We can say with certainty that the era of ‘brand purpose’ is officially over. Over the past decade, brands have scrambled to identify an admirable raison d’être, often with genuinely good intentions in mind. Campaigns driven by purpose were not necessarily unsuccessful; in fact there was plenty of great purpose-driven work. But as brands strove to place purpose above pounds and pence, consumer trust in those same brands, and in brands across the board, in every industry, was in steady decline. The celebration of a higher purpose began to look a bit cynical. So the ‘greater good’ is out. A more hard-headed, commercial outlook is in. Agencies will no longer be exalting the higher calling of the brands they work with. Those brands must now show themselves to consumers to be providing them with something useful—and the success of certain companies despite the scandals that have befallen them seems to be proof of this. 

But many of the traditional, established agencies are out, too—or at least looking to merge. The mergers and take-overs taking place with rising frequency in recent years suggests that traditional businesses are playing for time. But that’s no guarantee that the masterplan they need to negotiate the new landscape will materialise: a traditional working culture changes about as fast as a turning oil tanker. In at least some cases, companies are simply kicking the can down the road. Their consolidation efforts only exaggerate the weaknesses that forced them to consolidate in the first place.

Into the void rush modern, agile agencies that differ in important ways from the established counterparts whose market share they plan to take, and are already taking. Like challengers in any industry, they are fighting against the establishment, often defining themselves in opposition to that establishment. They build their working cultures around a ‘why’, not a ‘what’, making adaptability part of their very DNA. They are digitally, socially or content-led, or otherwise revolutionary in their output.

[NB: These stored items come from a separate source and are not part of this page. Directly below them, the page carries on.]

-- ===== src/Reconcile/Prerequisites/Satisfied.antt =====
-- src/operator/reconcile/prerequisites.rs: what the check of the prerequisites decides.
use pulumi_rs_kube_operator.Base.{
  suc, true, not, Option, none, some, and_then, List, [], ◌∷◌, Result, ok, Text, text,
  option_text_eq, option_text_eq→eq, eq→option_text_eq, Instant, ltb, arith, ◌≤◌, ◌≡◌, ◌≢◌, ◌↔◌,
  inl, inr, refl, if_elim, Option-cases, Result-cases,
}
use pulumi_rs_kube_operator.Core.Time.{elapsed_since, parse_go_duration}
use pulumi_rs_kube_operator.Errors.{OperatorError}
use pulumi_rs_kube_operator.Api.Stack.{Stack, StackUpdateState, PrerequisiteRef}
use pulumi_rs_kube_operator.Reconcile.Sync.{last_update}
use pulumi_rs_kube_operator.Operator.Effects.{Env, History, read}
use pulumi_rs_kube_operator.Operator.Fallible.{continue, lift, of_result, return, throw}
use pulumi_rs_kube_operator.Reconcile.Prerequisites.{
  not_satisfied, within_duration, check_last_update, check_stack, check_single_prerequisite,
  check_prerequisites,
}

module _ (parse : Text → Option Instant) (now : Instant) (store : Text → Option Stack) where
  -- The stack is in the cache, its last Update succeeded, and that is not too long ago: where the
  -- prerequisite asks for a duration and the time of the Update is known.
  pub record Satisfied (prereq : PrerequisiteRef) : Type 0 where
    pub stack : Stack
    pub status : StackUpdateState
    pub cached : store prereq.name ≡ some stack
    pub updated : last_update stack ≡ some status
    pub succeeded : status.state ≡ some (text "succeeded")
    pub recent :
        (duration t : Text)
        → and_then prereq.requirement (λ r. r.succeeded_within_duration) ≡ some duration
        → status.last_resync_time ≡ some t
        → elapsed_since parse now (some t) ≤ parse_go_duration duration

  within_duration_sound :
      (p : PrerequisiteRef) (status : StackUpdateState) (duration t : Text)
      → within_duration parse now store p status ≡ true
      → and_then p.requirement (λ r. r.succeeded_within_duration) ≡ some duration
      → status.last_resync_time ≡ some t
      → elapsed_since parse now (some t) ≤ parse_go_duration duration
  unfolding within_duration
  within_duration_sound p status duration t w d l =
      let w' : not (ltb (parse_go_duration duration) (elapsed_since parse now (some t))) ≡ true =
        rw (within_duration, d, l) at w in
      ground arith

  within_duration_complete :
      (p : PrerequisiteRef) (status : StackUpdateState)
      → ((duration t : Text)
          → and_then p.requirement (λ r. r.succeeded_within_duration) ≡ some duration
          → status.last_resync_time ≡ some t
          → elapsed_since parse now (some t) ≤ parse_go_duration duration)
      → within_duration parse now store p status ≡ true
  unfolding within_duration
  within_duration_complete p status r =
      elim (Option-cases (and_then p.requirement (λ r. r.succeeded_within_duration))) [
        | inl n ↦ rw (within_duration, n) refl
        | inr (duration, d) ↦ elim (Option-cases status.last_resync_time) [
          | inl n ↦ rw (within_duration, d, n) refl
          | inr (t, l) ↦ let e = r duration t d l in rw (within_duration, d, l) (ground arith)
        ]
      ]

  ok≢not_satisfied : not_satisfied {A = Unit {0}} ≢ ok tt
  ok≢not_satisfied = ground arith

  check_last-Satisfied :
      (p : PrerequisiteRef) (stack : Stack) (last : Option StackUpdateState)
      → store p.name ≡ some stack
      → last_update stack ≡ last
      → check_last_update parse now store p last ≡ ok tt
      → Satisfied p
  unfolding check_last_update
  check_last-Satisfied p stack none c u = λ e. absurd (ok≢not_satisfied e)
  check_last-Satisfied p stack (some status) c u =
      if_elim {A = Result OperatorError (Unit {0})} (λ r. r ≡ ok tt → Satisfied p)
        (not (option_text_eq status.state (some (text "succeeded"))))
        (λ _ e. absurd (ok≢not_satisfied e))
        (λ s.
          if_elim {A = Result OperatorError (Unit {0})} (λ r. r ≡ ok tt → Satisfied p)
            (within_duration parse now store p status)
            (λ w _. record {
              stack = stack;
              status = status;
              cached = c;
              updated = u;
              succeeded = option_text_eq→eq _ _ (ground arith);
              recent = λ duration t. within_duration_sound p status duration t w;
            })
            (λ _ e. absurd (ok≢not_satisfied e)))

  check_single-Satisfied :
      (p : PrerequisiteRef) (found : Option Stack)
      → store p.name ≡ found
      → check_stack parse now store p found ≡ ok tt
      → Satisfied p
  unfolding check_stack
  check_single-Satisfied p none c e = absurd (ok≢not_satisfied e)
  check_single-Satisfied p (some stack) c e =
      check_last-Satisfied p stack (last_update stack) c refl e

  Satisfied-check_single :
      (p : PrerequisiteRef) → Satisfied p → check_single_prerequisite parse now store p ≡ ok tt
  unfolding check_single_prerequisite check_stack check_last_update
  Satisfied-check_single p s =
      rw
        (
          s.cached,
          s.updated,
          eq→option_text_eq s.succeeded,
          within_duration_complete p s.status s.recent,
        )
        refl

  single-Satisfied :
      (p : PrerequisiteRef) → check_single_prerequisite parse now store p ≡ ok tt → Satisfied p
  unfolding check_single_prerequisite
  single-Satisfied p e = check_single-Satisfied p (store p.name) refl e

-- The history after a read.
abbrev pub later : History → History
later h = record h { reads = suc h.reads }

module _ (env : Env) (ns : Text) where
  -- Each prerequisite is satisfied, by the cache and the clock as they are read for it.
  abbrev pub AllSatisfied : List PrerequisiteRef → History → Type 0
  AllSatisfied [] h = Unit {0}
  AllSatisfied (p ∷ ps) h =
      Satisfied env.parse_rfc3339 (env.utc (later h)) (λ name. env.store_stack ns name h) p
      × AllSatisfied ps (later (later h))

  check_all-Satisfied :
      (ps : List PrerequisiteRef) (h : History)
      → (check_prerequisites env ns ps h).0 ≡ ok tt
      → AllSatisfied ps h
  unfolding check_prerequisites continue lift read of_result return throw
  check_all-Satisfied [] h e = tt
  check_all-Satisfied (p ∷ ps) h e =
      let now = env.utc (later h) in
      let store = λ (name : Text). env.store_stack ns name h in
      elim (Result-cases (check_single_prerequisite env.parse_rfc3339 now store p)) [
        | inl (u, o) ↦ (
          single-Satisfied env.parse_rfc3339 now store p o,
          check_all-Satisfied ps (later (later h)) (rw o at e),
        )
        | inr (x, o) ↦ let e' = rw o at e in absurd (ground arith)
      ]

  AllSatisfied-check :
      (ps : List PrerequisiteRef) (h : History)
      → AllSatisfied ps h
      → (check_prerequisites env ns ps h).0 ≡ ok tt
  unfolding check_prerequisites continue lift read of_result return
  AllSatisfied-check [] h s = refl
  AllSatisfied-check (p ∷ ps) h (s, ss) =
      let now = env.utc (later h) in
      let store = λ (name : Text). env.store_stack ns name h in
      rw (Satisfied-check_single env.parse_rfc3339 now store p s)
        (AllSatisfied-check ps (later (later h)) ss)

  -- The check lets a stack through exactly when each of its prerequisites, as the cache and the clock
  -- are read for it, is in the cache, has succeeded last, and that not longer ago than it asks for; a
  -- prerequisite that asks for no duration, or whose last time is not known, passes this last test.
  pub check_prerequisites_iff :
      (ps : List PrerequisiteRef) (h : History)
      → (check_prerequisites env ns ps h).0 ≡ ok tt ↔ AllSatisfied ps h
  check_prerequisites_iff ps h = (check_all-Satisfied ps h, AllSatisfied-check ps h)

They also intuit what has become a truth in this new advertising era: that to get more out of less, and to be successful going forward, agencies have to connect with audiences across the whole customer journey. Perhaps most important of all is the mindset of agencies like these. They’re hungry and competitive, having come of age at a time when many agencies were in retreat. They understand that without graft, even passion and ability will not get you where you want to go.

But these agencies also understand almost on instinct that in advertising, the only truly unforgivable sin is to be boring. Combine this commitment never to test the patience of your audience with a kind of brutal authenticity—a supreme self-confidence in what you stand for—and you have the raw ingredients for long-term success. Unless established agencies can radically alter their mindsets and their approach, they will fall further and further away. And smaller agencies of the type I’ve just described will rapidly fill the abandoned space.

Some will no doubt view this sea-change as undesirable. Others will point to low consumer confidence and global volatility as reasons to be pessimistic. I think the opposite. These changes are overdue. Innovation is the lifeblood of industry. Faster, better, cheaper will be music to the ears of the clients we represent. Commercial pressure may squeeze out of agencies excellent creative work. Necessity is the mother of invention. And, in time, the mental fitness that defines teams in the new breed of agency will come to inform the working culture of the industry on the whole. And that will set the tone for a productive next few years.